# Форум для размышляющих > Смысл жизни >  Почему ты ещё жив?

## Милая Кися

Почему ты ещё жив? Что держит тебя в этом мире?

----------


## White_Gargouil

~~

----------


## janu0320

> Почему ты ещё жив? Что держит тебя в этом мире?


 Ничего не держит, но и смерть к себе не особо притягивает. Я жив потому что для смерти как и для жизни нужно приложить усилия, это не так легко. Когда умереть для меня будет легче чем существовать дальше, тогда видимо меня и не станет в этом мире.

----------


## jozh

> И осталось еще кое-что. Чувство, что я пока не все узнал, что требуется узнать. Не все ощутил, что нужно было. Я жду, когда источник насовсем иссохнет. И тогда я со спокойной душой развяжу себе руки и буду размышлять, как бы выбраться из этого опустошенного места.


 Именно! Узнаешь чуть бОльшее, крутишь свое сознание так и этак, учишься смотреть на мир и себя в нем под разными углами зрения - и вдруг находишь нечто, что не стоит покидать. Сначала маленькую крошечку, искорку, но потом она начинает разрастаться. Так случилось со мной. От созерцания граней - к прохождению этапов. И вдруг отпускает. Оказывается, мир не просто так прессует нас!)

----------


## Anisa_96

Страх, нет ничего, что держало бы меня, ни родные, ни кто-то из друзей. Я в каком-то промежуточном состоянии и умирать вроде не хочу и жить не хочу. Надежды вроде тоже нет.
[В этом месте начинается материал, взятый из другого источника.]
-- ===== src/Tests/Life.antt =====
-- The life of the stream command at a concrete input, with the threads at work.
use tiny_robotic_voice.Common.{ℕ, [], ◌∷◌, List, arith}
use tiny_robotic_voice.Double.{Hundredths, hundredths_double}
use tiny_robotic_voice.Output.{Output, output_sink}
use tiny_robotic_voice.Runtime.{Runtime}
use tiny_robotic_voice.Runtime.Threads.{maintenance_round, synthesis_step}
use tiny_robotic_voice.Stream.{Chunk, Round, received, end_of_input}
use tiny_robotic_voice.Tests.{beep, loud}

-- What the threads do before a round, and at each point of the shutdown.
abbrev threads : Runtime Hundredths Output → Runtime Hundredths Output
threads r = maintenance_round output_sink 5 (synthesis_step output_sink beep loud r)

abbrev winding_down : ℕ → Runtime Hundredths Output → Runtime Hundredths Output
winding_down n r = synthesis_step output_sink beep loud r

abbrev braces : Chunk
braces = record { bytes = b'{' ∷ b'}' ∷ 10 ∷ []; not_empty = omega arith; fits = omega arith }

-- A line that is no command comes in, and the input ends.
abbrev rounds : List ((Runtime Hundredths Output → Runtime Hundredths Output) × Round)
rounds = (threads, received braces) ∷ (threads, end_of_input) ∷ []
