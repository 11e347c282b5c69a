-- ===== src/Tests/Settings.antt =====
-- Settings that are shown and read back, and a last line, at concrete inputs.
use tiny_robotic_voice.Common.{
  ℕ, suc, ◌+◌, arith, ◌≡◌, refl, sym, inl, eqb, true, false, Bool, Option, none, some, Bytes, [],
  ◌∷◌, ℤ, pos, lit, has_nul, ok, if◌then◌else◌,
}
use tiny_robotic_voice.Double.{Hundredths, hundredths_double, Hundredths-HasLiterals}
use tiny_robotic_voice.Json.{Json}
use tiny_robotic_voice.Voice.{VoiceSettingsPatch, default_settings, apply_voice_settings_patch}
use tiny_robotic_voice.Voice.Range.{default_settings-IsUsable}
use tiny_robotic_voice.Voice.Parse.{parse_object}
use tiny_robotic_voice.Protocol.{Event, event, voice_fields, event_members}
use tiny_robotic_voice.Protocol.Events.{c_str-clean}
use tiny_robotic_voice.Protocol.Round.{IsReadBack, object_of, event_members-IsReadBack}
use tiny_robotic_voice.Stream.{Reader, Chunk, received, end_of_input, read_loop, left}
use tiny_robotic_voice.Stream.Lines.{IsClean}
use tiny_robotic_voice.Stream.Reads.{read_loop-last_line, read_loop-cut}

-- The object that shows the default settings, a text, or a number.
data Value : Type 0 where
  whole : Value
  text : Bytes → Value
  amount : ℤ → Value

abbrev member : Value → Bytes → Option Value
member whole key =
    if eqb key (lit "model")
    then some (text (lit "kal16"))
    else if eqb key (lit "preset")
    then some (text (lit "default"))
    else if eqb key (lit "speed")
    then some (amount (pos 100))
    else if eqb key (lit "expression")
    then some (amount (pos 100))
    else some (amount (pos 0))
member (text t) key = none
member (amount n) key = none

abbrev is_whole : Value → Bool
is_whole whole = true
is_whole other = false

abbrev is_text : Value → Bool
is_text (text t) = true
is_text other = false

abbrev is_amount : Value → Bool
is_amount (amount n) = true
is_amount other = false

abbrev bytes_of : Value → Bytes
bytes_of (text t) = t
bytes_of other = []

abbrev number_of : Value → ℤ
number_of (amount n) = n
number_of other = pos 0

abbrev library : Json Value Hundredths
library = record {
  read = λ input. some whole;
  write = λ value. none;
  is_obj = is_whole;
  obj_get = member;
  obj_keys = λ value.
      lit "model"
      ∷ lit "preset"
      ∷ lit "speed"
      ∷ lit "pitch_semitones"
      ∷ lit "expression"
      ∷ lit "gain_db"
      ∷ [];
  is_str = is_text;
  get_str = bytes_of;
  is_num = is_amount;
  get_num = λ value. some (number_of value);
  is_sint = λ value. false;
  get_sint = λ value. pos 0;
  is_uint = λ value. false;
  get_uint = λ value. 0;
}

whole-IsReadBack : IsReadBack library whole (voice_fields default_settings)
unfolding eqb lit has_nul
whole-IsReadBack = record {
  object = refl;
  keys = refl;
  members = (
    (text (lit "kal16"), refl, (refl, sym (c_str-clean (lit "kal16") refl))),
    (
      (text (lit "default"), refl, (refl, sym (c_str-clean (lit "default") refl))),
      (
        (amount (pos 100), refl, (refl, refl)),
        (
          (amount (pos 0), refl, (refl, refl)),
          ((amount (pos 100), refl, (refl, refl)), ((amount (pos 0), refl, (refl, refl)), tt)),
        ),
      ),
    ),
  );
}

abbrev ready : Event Hundredths
ready = record (event (lit "ready") []) { voice = some default_settings }

ready-object_of : object_of (event_members ready) ≡ some (voice_fields default_settings)
unfolding event_members
ready-object_of = refl

event_members-IsReadBack_example :
    (patch : VoiceSettingsPatch Hundredths) × (parse_object library whole ≡ ok patch)
    × (apply_voice_settings_patch default_settings patch ≡ (default_settings, none))
event_members-IsReadBack_example =
    event_members-IsReadBack library ready default_settings default_settings
      (voice_fields default_settings) whole refl ready-object_of whole-IsReadBack
      (default_settings-IsUsable Hundredths-HasLiterals) (inl refl)

-- A state that counts the lines.
abbrev count_line : Bytes → ℕ → ℕ × Bool
count_line line n = (suc n, true)

abbrev reader : Reader ℕ
reader = record {
  continue_reading = true;
  discarding_oversized_line = false;
  pending = [];
  target = 0;
}

reader-IsClean : IsClean count_line (λ n. n + 100) reader
reader-IsClean = record { reading = refl; kept = refl; empty = refl }

-- Two reads of one byte, and one of both.
abbrev chunk_a : Chunk
chunk_a = record { bytes = b'a' ∷ []; not_empty = omega arith; fits = omega arith }

abbrev chunk_end : Chunk
chunk_end = record { bytes = 10 ∷ []; not_empty = omega arith; fits = omega arith }

abbrev chunk_both : Chunk
chunk_both = record { bytes = b'a' ∷ 10 ∷ []; not_empty = omega arith; fits = omega arith }

read_loop-last_line_example :
    let (s', ending) =
      read_loop count_line
        (λ n. n + 100)
        (((λ n. n), received chunk_a)
          ∷ ((λ n. n + 2), received chunk_a)
          ∷ ((λ n. n + 5), end_of_input)
          ∷ [])
        reader in
    (s'.target ≡ 8) × (ending ≡ left)
read_loop-last_line_example =
    read_loop-last_line count_line (λ n. n + 100)
      (((λ n. n), chunk_a) ∷ ((λ n. n + 2), chunk_a) ∷ []) (λ n. n + 5) [] reader
      ((λ h. omega arith), ((λ h. omega arith), tt)) reader-IsClean

read_loop-cut_example :
    read_loop count_line
      (λ n. n + 100)
      (((λ n. n), received chunk_a)
        ∷ ((λ n. n), received chunk_end)
        ∷ ((λ n. n), end_of_input)
        ∷ [])
      reader
    ≡ read_loop count_line
        (λ n. n + 100)
        (((λ n. n), received chunk_both) ∷ ((λ n. n), end_of_input) ∷ [])
        reader
read_loop-cut_example =
    read_loop-cut count_line (λ n. n + 100) (chunk_a ∷ chunk_end ∷ []) (chunk_both ∷ [])
      (((λ n. n), end_of_input) ∷ []) reader refl
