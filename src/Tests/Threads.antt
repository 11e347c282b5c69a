-- ===== src/Tests/Threads.antt =====
-- Runs of the threads and of the device at concrete inputs.
use tiny_robotic_voice.Common.{◌≡◌, ◌++◌, refl, true, false, List, [], ◌∷◌, ℤ}
use tiny_robotic_voice.Double.{Hundredths, hundredths_double}
use tiny_robotic_voice.Audio.{frame_count}
use tiny_robotic_voice.Output.{Output, callback, enqueue_round, enqueued}
use tiny_robotic_voice.Output.Pending.{pending}
use tiny_robotic_voice.Output.Trace.{Sound, Streams, opened, took, called, Streams-in_order}
use tiny_robotic_voice.Voice.{default_settings}
use tiny_robotic_voice.Runtime.{Runtime}
use tiny_robotic_voice.Runtime.Jobs.{SynthesisJob}
use tiny_robotic_voice.Tests.{open_output, open_output-IsValid, quiet_output, tone}
use tiny_robotic_voice.Tests.Sessions.{open_session, name}

abbrev said : SynthesisJob Hundredths
said = record { generation = 2; session = name; text = b'h' ∷ b'i' ∷ []; voice = default_settings }

-- A session with a waiting job and a buffered byte.
abbrev waiting_session : Runtime Hundredths Output
waiting_session = record open_session {
  jobs = record { jobs = said ∷ []; bytes = 2; stopped = false };
  outstanding_jobs = 1;
  owned_text_bytes = 3;
  buffer = b'x' ∷ [];
  audio = quiet_output;
}

-- A tone is enqueued, and the device asks for four frames.
abbrev with_tone : Output
with_tone = enqueued 2 tone open_output

stream :
    Streams open_output tone.samples
      ((callback true 4 with_tone).0 ∷ [])
      (callback true 4 with_tone).1
unfolding enqueue_round frame_count
stream = called true 4 (took {p = open_output} tone refl refl opened)

Streams-in_order_example :
    let p = (callback true 4 with_tone).1 in
    (heard : List ℤ) × Sound ((callback true 4 with_tone).0 ∷ []) heard
    × (pending 2 open_output ++ tone.samples ≡ heard ++ pending p.valid_generation p)
Streams-in_order_example = Streams-in_order open_output-IsValid stream
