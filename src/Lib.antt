-- ===== src/Lib.antt =====
-- Aether is an archiver: a file is cut into chunks, a chunk goes through a reversible transform and an
-- entropy coder, and the blocks stand in a container with a header, file entries, block headers with
-- their trailers, an index and a footer.
-- This library models the fixed-size chunker, the grouper, the range coder with its order-0 model, the
-- transforms, the router of chunks, the extraction of files, encryption and the container, which are in
-- aether-core/src.
--
-- The chunker:
--   Chunker           chunker.rs: chunks of a fixed size.
-- The grouper:
--   Grouper           grouper.rs: files in groups of one content type. Partition counts the indices,
--                     Sizes is about numbers,
--                     sizes and limits.
-- The predictors, entropy/:
--   Entropy           traits.rs: what the range coder calls of a predictor, as the record Predictor with
--                     the laws IsLawful, and the default methods, with find_symbol of coding/rans.rs.
--   Entropy.Order0    order0.rs: the order-0 model with its division (Divisor), its Fenwick tree
--                     (Fenwick, over the facts on lowest bits of LowBit), its invariant (Model), its
--                     table (Boundaries) and its saved state (State).
-- The range coder, coding/rans.rs:
--   Coding.Rans       Encoder, Decoder and Blocks are the code. Value, Carry, Window, Steps, Loops,
--                     Intervals and Finish say what number the encoder stands for and how far the
--                     decoder is behind it; RoundTrip and Total put the blocks together.
-- The transforms, coding/:
--   Coding.Bcj        coding/bcj.rs: detection of x86 executables, and call targets made absolute.
--   Coding.Bwt        coding/bwt_preprocess.rs: bwt_encode, bwt_decode_with, and both with move-to-front.
--                     Order, Rotations and Encoded are about sorted rotations, Table and Rows about the
--                     table, Walks and Chains about the walks over it; RoundTrip puts them together,
--                     and Framing adds the ranks.
--   Coding.Mtf        coding/bwt_preprocess.rs: mtf_encode, with its rank table, and mtf_decode.
--   Coding.ZeroRun    coding/bwt_preprocess.rs: rle_encode, rle_decode and the escaped pair.
--   Coding.Lz77       coding/lz77_preprocess.rs: the match finder (Finder), lz77_encode (Encode) with lazy
--                     matching, and lz77_decode (Decode).
--   Coding.BytePlane  coding/byteplane_preprocess.rs: splitting, merging, delta coding and the payload.
-- Each function keeps the name that it has in the source. A loop with an index is a recursion over what
-- the index has not reached, and what the source writes to a vector is the list that is returned.
-- The pipeline, in pipeline/:
--   Pipeline.Zstd     coding/zstd_fallback.rs: the calls of the zstd crate.
--   Pipeline.Router   pipeline/router.rs: the types and the setting; Encode has the trials with
--                     compress_chunk_with_baseline, Decode has decompress_chunk_with_baseline.
--                     Payloads reads the fields, Trials takes each trial and Cascade all of them.
--                     It calls Coding.Bcj, Coding.Bwt, Coding.ZeroRun, Coding.Lz77, Coding.BytePlane
--                     and Coding.Rans.
--   Pipeline.ExtractionPath  pipeline/decompress.rs: validate_extraction_path.
--   Pipeline.Reassemble      pipeline/decompress.rs: files made of decompressed blocks, and the loop
--                     over the files of pipeline/decompress_seekable.rs. Counts is about the references
--                     to blocks, Shared about one file, Extract about all of them, Consuming about a
--                     file that takes its blocks.
-- Encryption:
--   Crypto            crypto/mod.rs: Header is about the header, Blocks about encrypted blocks. The hash,
--                     Argon2id and the ciphers are the parameter Primitives.
-- The container, in format.rs, block.rs and header.rs:
--   Archive.Codes     format.rs: magic numbers, limits, and the three enums with their codes.
--   Archive.Block     block.rs: BlockHeader, BlockTrailer and BlockIndexEntry.
--   Archive.Header    header.rs: ArchiveHeader, SolidGroupEntry and ArchiveFooter.
--   Archive.Files     header.rs: FileEntry, in its plain form.
--   Archive.Crates    what other crates do: byteorder's words, blake3::hash and crc32fast::hash are the
--                     parameter Crates, whose laws are a word that is read back, a hash of 32 bytes and
--                     a checksum of 32 bits. sample_crates fulfils them.
-- write_to is a function from a record to bytes, read_from one from the bytes still to be read to the
-- record and what is left, or an error. Errors holds AetherError, without the text of the messages, and
-- its Result. Base holds what the modules share: lists and tests over the native numbers, bytes and
-- little-endian words.
--
-- Words: a byte is a number below 256, a wider word a number with its wrap-around written out, and a
-- signed 64-bit time its bit pattern. Saturating arithmetic of the run decoders is written with min.
-- Positions and lengths are natural numbers, since a slice is shorter than 2 ^ 63 bytes.
--
-- A predictor is an argument of the range coder, which hands its state through; a method that takes
-- &mut self returns the state behind its result. range_coder of Coding.BytePlane.Coder makes of the
-- range coder what the byte planes need, and order0_coder is the one that the source takes.
--
-- Fuel: fixed_loop of the chunker has a number of rounds as an argument, and is none when they run out;
-- one for each byte of the data is enough if blocks are not empty. find_loop has the 256 rounds of
-- MAX_CHAIN. encode_loop of Lz77 has one round for each byte of the input, as each moves its position;
-- decode_loop has one for each byte of the code, as each takes a token; copy_chunks has one for each
-- byte of the match, as an offset is not 0. renormalize of the range coder has three, which bring every
-- range but 0 to 2 ^ 24; with a range of 0 the source would not end, and a lawful predictor never gives
-- one. search_symbol has eight, as each halves at most 254 symbols. The loops on the Fenwick tree have
-- as many as there are indices left, as idx falls in a query and grows in an addition.
--
-- Parameters: sais of Coding.Bwt is libsais, which makes a suffix array of a text (IsSuffixArray) or
-- fails. PlaneCoder of Coding.BytePlane is what codes a plane; its law is that it decodes what it
-- encodes, for a plane no larger than a block. Predictor is what the range coder calls. Entropies are
-- the decisions by floating-point entropy, which may be any functions; recommend of the grouper is the
-- method recommended for the mean entropy of a bucket.
-- Setting of Pipeline.Router holds what the router calls: the predictor of the coder, the zstd crate
-- (IsZstd), which may fail, libsais, and the decisions by floating-point entropy. The predictor is
-- NeuralSsmPredictor of entropy/neural_ssm.rs, which is floating point and not modelled: its state and
-- its operations are a parameter, with the dictionary that coding_predictor puts into the first state,
-- and its laws are hypotheses. They are IsLawful, and ResetsAlike: what was coded does not change what a
-- reset leads to, but for fields that the next symbol rewrites before they are read. With a dictionary,
-- reset leaves four such fields as they are (last_ssm_p_run, last_ssm_p_runa, last_rle_p_run and
-- last_rle_p_runa), and prepare_step_params writes them for every symbol.
-- Primitives of Crypto are BLAKE3, Argon2id and the ciphers
-- (IsPrimitives).
--
-- Not modelled: probs_to_cdf and predict, which are floating point, the predictors of entropy/ but the
-- order-0 model, content-defined chunking, the prefix-compressed file entry, the reading and writing of
-- whole archives with its threads and progress, the writing of extracted files with its checks of
-- symbolic links, random salts and nonces, dictionaries, cloud storage, and the command line and
-- bindings.
pub mod Base
pub mod Errors
pub mod Chunker
pub mod Grouper
pub mod Entropy
pub mod Coding
pub mod Archive
pub mod Pipeline
pub mod Crypto
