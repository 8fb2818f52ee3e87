-- ===== src/Archive.antt =====
-- The .aet container: codes and limits (format.rs), blocks (block.rs) and headers (header.rs).
pub mod Crates
pub mod Codes
pub mod Block
pub mod Header
pub mod Files
mod Tests
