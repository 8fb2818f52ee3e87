-- ===== src/Base/Arrays.antt =====
-- Reads and writes of a list of numbers taken as an array.
use Prim.Native.Nat.{ℕ, zero, suc, ◌+◌, ◌<◌}
use mathlib.Core.Path.{◌≡◌, refl}
use mathlib.Core.Logic.{◌≢◌}
use mathlib.Core.List.{List, [], ◌∷◌}
use native.Mathlib.Omega.{arith}
use aether_arch.Base.Lists.{length, get_or, set}
use aether_arch.Base.Tests.{◌==◌, if◌then◌else◌}

pub get_or-set_self : (xs : List ℕ) (i v : ℕ) → i < length xs → get_or (set xs i v) i 0 ≡ v
get_or-set_self [] i v h = absurd (omega arith)
get_or-set_self (x ∷ xs) zero v h = refl
get_or-set_self (x ∷ xs) (suc i) v h = get_or-set_self xs i v (omega arith)

pub get_or-set_ne : (xs : List ℕ) (i j v : ℕ) → i ≢ j → get_or (set xs i v) j 0 ≡ get_or xs j 0
get_or-set_ne [] i j v h = refl
get_or-set_ne (x ∷ xs) zero zero v h = absurd (h refl)
get_or-set_ne (x ∷ xs) zero (suc j) v h = refl
get_or-set_ne (x ∷ xs) (suc i) zero v h = refl
get_or-set_ne (x ∷ xs) (suc i) (suc j) v h = get_or-set_ne xs i j v (omega arith)

-- Two lists of one length with the same elements are equal.
pub list_ext :
    (xs ys : List ℕ)
    → length xs ≡ length ys
    → ((i : ℕ) → i < length xs → get_or xs i 0 ≡ get_or ys i 0)
    → xs ≡ ys
list_ext [] [] e h = refl
list_ext [] (y ∷ ys) e h = absurd (omega arith)
list_ext (x ∷ xs) [] e h = absurd (omega arith)
list_ext (x ∷ xs) (y ∷ ys) e h =
    cc (h 0 (omega arith), list_ext xs ys (omega arith) (λ i p. h (suc i) (omega arith)))

-- An addition to one place.
pub get_or-set_add :
    (xs : List ℕ) (i d j : ℕ)
    → i < length xs
    → get_or (set xs i (get_or xs i 0 + d)) j 0 ≡ get_or xs j 0 + (if i == j then d else 0)
get_or-set_add [] i d j h = absurd (omega arith)
get_or-set_add (x ∷ xs) zero d zero h = refl
get_or-set_add (x ∷ xs) zero d (suc j) h = ground arith
get_or-set_add (x ∷ xs) (suc i) d zero h = ground arith
get_or-set_add (x ∷ xs) (suc i) d (suc j) h = ground (arith, get_or-set_add xs i d j (omega arith))
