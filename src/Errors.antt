-- ===== src/Errors.antt =====
-- aether-core/src/error.rs: the errors of the library, and `Result`.
-- The text of a message is left out; every other datum of an error is kept.
use aether_arch.Base.{ℕ, Bool, true, false, ◌≡◌, refl, ◌⊎◌, inl, inr}

pub data AetherError : Type 0 where
  invalid_magic : AetherError
  unsupported_version : ℕ → ℕ → AetherError
  checksum_mismatch : ℕ → AetherError
  header_crc_mismatch : ℕ → ℕ → AetherError
  block_crc_mismatch : ℕ → AetherError
  invalid_block_magic : ℕ → AetherError
  invalid_footer_magic : AetherError
  compression : AetherError
  decompression : AetherError
  encryption : AetherError
  decryption : AetherError
  predictor : AetherError
  io : AetherError
  block_not_found : ℕ → AetherError
  file_not_found : AetherError
  truncated_archive : ℕ → ℕ → AetherError
  unknown_compression_method : ℕ → AetherError
  unknown_predictor_id : ℕ → AetherError
  unknown_content_type : ℕ → AetherError
  resource_limit_exceeded : AetherError
  path_traversal : AetherError
  cloud_storage : AetherError
  invalid_cloud_path : AetherError
  invalid_cloud_url : AetherError
  nonce_mismatch : ℕ → AetherError
  password_verification_failed : AetherError
  invalid_utf8_path : AetherError
  header_integrity_mismatch : AetherError
  file_already_exists : AetherError

-- `Result<T, AetherError>`
pub data Result {ℓ} (T : Type ℓ) : Type ℓ where
  err : AetherError → Result T
  ok : T → Result T

-- `if !test { return Err(e) }`
abbrev pub guard : Bool → AetherError → Result (Unit {0})
guard false reason = err reason
guard true reason = ok tt

-- The `?` operator.
abbrev pub ◌>>=◌ {ℓ κ} : {T : Type ℓ} {U : Type κ} → Result T → (T → Result U) → Result U
err reason >>= next = err reason
ok value >>= next = next value

infixl 5 ◌>>=◌
infixl 5 ◌>>◌
abbrev pub ◌>>◌ {ℓ} : {U : Type ℓ} → Result (Unit {0}) → Result U → Result U
first >> second = first >>= λ _. second

-- To split on a computed result and keep the equation.
pub Result-cases {ℓ} :
    {T : Type ℓ} (m : Result T)
    → ((reason : AetherError) × (m ≡ err reason)) ⊎ ((value : T) × (m ≡ ok value))
Result-cases (err reason) = inl (reason, refl)
Result-cases (ok value) = inr (value, refl)
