-- ===== src/Archive/Crates.antt =====
-- What the archive format takes from other crates: byteorder's little-endian reads and writes,
-- blake3::hash and crc32fast::hash. A reader is a function of the bytes still to be read.
use aether_arch.Base.{
  ℕ, ◌^◌, ◌<◌, ◌≡◌, refl, List, [], ◌∷◌, ◌++◌, length, take, drop, replicate, arith, to_le, from_le,
  length-to_le, from_le-to_le, take-append, drop-append, length-append, if◌then◌else◌, leb, ◌%◌,
  true,
}
use aether_arch.Errors.{Result, ok, err, io}

abbrev pub Reader {ℓ} : Type ℓ → Type ℓ
Reader A = List ℕ → Result (A × List ℕ)

-- `WriteBytesExt` and `ReadBytesExt` at one width, with what their documentation promises: a number
-- that fits takes `width` bytes, is read back from them, and a reader with fewer bytes fails with an
-- I/O error.
pub record Word (width : ℕ) : Type 0 where
  pub write : ℕ → List ℕ
  pub read : Reader ℕ
  pub write_length : (v : ℕ) → length (write v) ≡ width
  pub read-write : (v : ℕ) (rest : List ℕ) → v < 256 ^ width → read (write v ++ rest) ≡ ok (v, rest)
  pub read_short : (bytes : List ℕ) → length bytes < width → read bytes ≡ err io

pub record Crates : Type 0 where
  pub u16 : Word 2
  pub u32 : Word 4
  pub u64 : Word 8
  pub blake3 : List ℕ → List ℕ
  pub blake3_length : (bytes : List ℕ) → length (blake3 bytes) ≡ 32
  pub crc32 : List ℕ → ℕ
  pub crc32_bound : (bytes : List ℕ) → crc32 bytes < 2 ^ 32

-- `Read::read_exact` into a buffer of `n` bytes, from a slice.
unfoldable pub read_exact : ℕ → Reader (List ℕ)
read_exact n bytes = if leb n (length bytes) then ok (take n bytes, drop n bytes) else err io

-- `read_u8`.
unfoldable pub read_u8 : Reader ℕ
read_u8 [] = err io
read_u8 (b ∷ rest) = ok (b, rest)

pub read_exact-append :
    (n : ℕ) (xs rest : List ℕ) → length xs ≡ n → read_exact n (xs ++ rest) ≡ ok (xs, rest)
unfolding read_exact
read_exact-append n xs rest h =
    let enough : leb n (length (xs ++ rest)) ≡ true = ground (arith, length-append xs rest) in
    rw (enough, take-append n xs rest h, drop-append n xs rest h)

-- Crates with which the laws hold: little-endian words, a hash and a checksum of the length alone.
abbrev pub le_read : ℕ → Reader ℕ
le_read width bytes =
    if leb width (length bytes) then ok (from_le (take width bytes), drop width bytes) else err io

pub le_read-to_le :
    (width v : ℕ) (rest : List ℕ)
    → v < 256 ^ width
    → le_read width (to_le width v ++ rest) ≡ ok (v, rest)
le_read-to_le width v rest h =
    let len = length-to_le width v in
    let enough : leb width (length (to_le width v ++ rest)) ≡ true =
      ground (arith, length-append (to_le width v) rest, len) in
    rw
      (
        enough,
        take-append width (to_le width v) rest len,
        drop-append width (to_le width v) rest len,
      )
      (rw (from_le-to_le width v h))

pub le_read_short :
    (width : ℕ) (bytes : List ℕ) → length bytes < width → le_read width bytes ≡ err io
le_read_short width bytes h = ground arith

abbrev pub little_endian : (width : ℕ) → Word width
little_endian width = record {
  write = to_le width;
  read = le_read width;
  write_length = length-to_le width;
  read-write = le_read-to_le width;
  read_short = le_read_short width;
}

abbrev pub length_hash : List ℕ → List ℕ
length_hash bytes = (length bytes % 256) ∷ replicate 31 0

pub length-length_hash : (bytes : List ℕ) → length (length_hash bytes) ≡ 32
length-length_hash bytes = refl

pub length_crc_bound : (bytes : List ℕ) → length bytes % 2 ^ 32 < 2 ^ 32
length_crc_bound bytes = omega arith

abbrev pub sample_crates : Crates
sample_crates = record {
  u16 = little_endian 2;
  u32 = little_endian 4;
  u64 = little_endian 8;
  blake3 = length_hash;
  blake3_length = length-length_hash;
  crc32 = λ bytes. length bytes % 2 ^ 32;
  crc32_bound = length_crc_bound;
}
И радости нет, просто бессмысленное существование.

----------


## Maximillian

Я, честно сказать, даже не знаю как ответить вам на этот вопрос... Я живу чисто по инерции, поскольку нет желаний, мечт. Родственники и близкие люди - это автоматически.

----------


## Rini

1. Страх "А что после?". 
2. Страх выжить инвалидом. 
3. В какой-то степени боязнь боли.
4. Разум, расценивающий мои желания как нечто иррациональное.

----------


## oneway

Желание смерти - то же самое желание покоя. Но принесет ли смерть тела окончательный покой? Маловероятно, кмк. Беспокойство - это лишь чувство, что что-то в жизни неправильно и требует исправления. Возможно, поняв истоки этого чувства, можно сделать его не таким частым гостем.

----------


## White_Gargouil

Маловероятно, что смерть тела принесет окончательный покой? Ну, в таком случае маловероятно, что смерть тела покоя и не принесет. Живые не могут знать, что там будет после и что там было до. 
Но вообще, ох как это печально, когда убиваешься ради покоя, а на том свете получаешь адские пытки, несравнимую вечность сожаления или очередное перерождение в очередное тело. Либо Бог жесток, либо мы неспособны пока еще понять его намерений, либо Его просто нет. Либо Он - есть пустота, что вбирает в себя все эти мнения разом. В любом случае, Он прекрасен. До отвращения великолепен в своей непостижимой изобретательности. 
Истоки чувств дремлют в Эго.

----------


## bruh

наверное страх лишь выжить

----------


## Ханна Марин

инстинкт самосохранения
мое тело спасает меня и пытается выжить)

----------


## Running from God

Я просто ищу смерть красивее и быстрее
Да, это глупые фантазии.
Но не хочу уходить, понимая что меня найдут изуродованным.
А еще хочу полностью продумать день, место и полностью подготовиться морально
Что бы уйти не на этоциях, а с чистыми мыслями

----------


## Unity

А зачем Ваш мозг занят очень часто подобным "планированием" - экой "идеальной смерти"? Ему это в кайф. Сама Мысль "о том", что _проблемы кончатся_. Всё противное - само собой отпадёт и станет необязательным. Что иные "пожалеют" о своей великой Утрате. 
Но это идеи. Игра своими фантазиями. Визуализация (кою мозг наш просто неспособен отличить от яви) чего-то такого, что нас радует и греет, воодушевляет. И мозг, видя это "видео", собой же смонтированное, выдаёт в качестве "награды" дозу эндорфинов - себе самому за свои старания. 
Так это работает. 
Мысли "О смерти" нужны людям для того, чтобы _черпать удовольствие_. Это их предназначение - экая "анестезия", побег от реальности, в которой "всё плохо" и бороться с Вызовами коей нам уже попросту Не Хочется. 
Это важно понять. Интеллектуальная мастурбация на образ своих похорон - это лишь попытка мозга... искать удовольствие, что-нибудь хорошее - дабы "випить" тот сладчайший жизненный Экстракт - коктейль из серотонина ну и дофамина. 
Это и весь "Смысл". 
Ввести мозг в режим "удовольствия" из режима "стресса" и удерживать его в этом состоянии максимально-долго. 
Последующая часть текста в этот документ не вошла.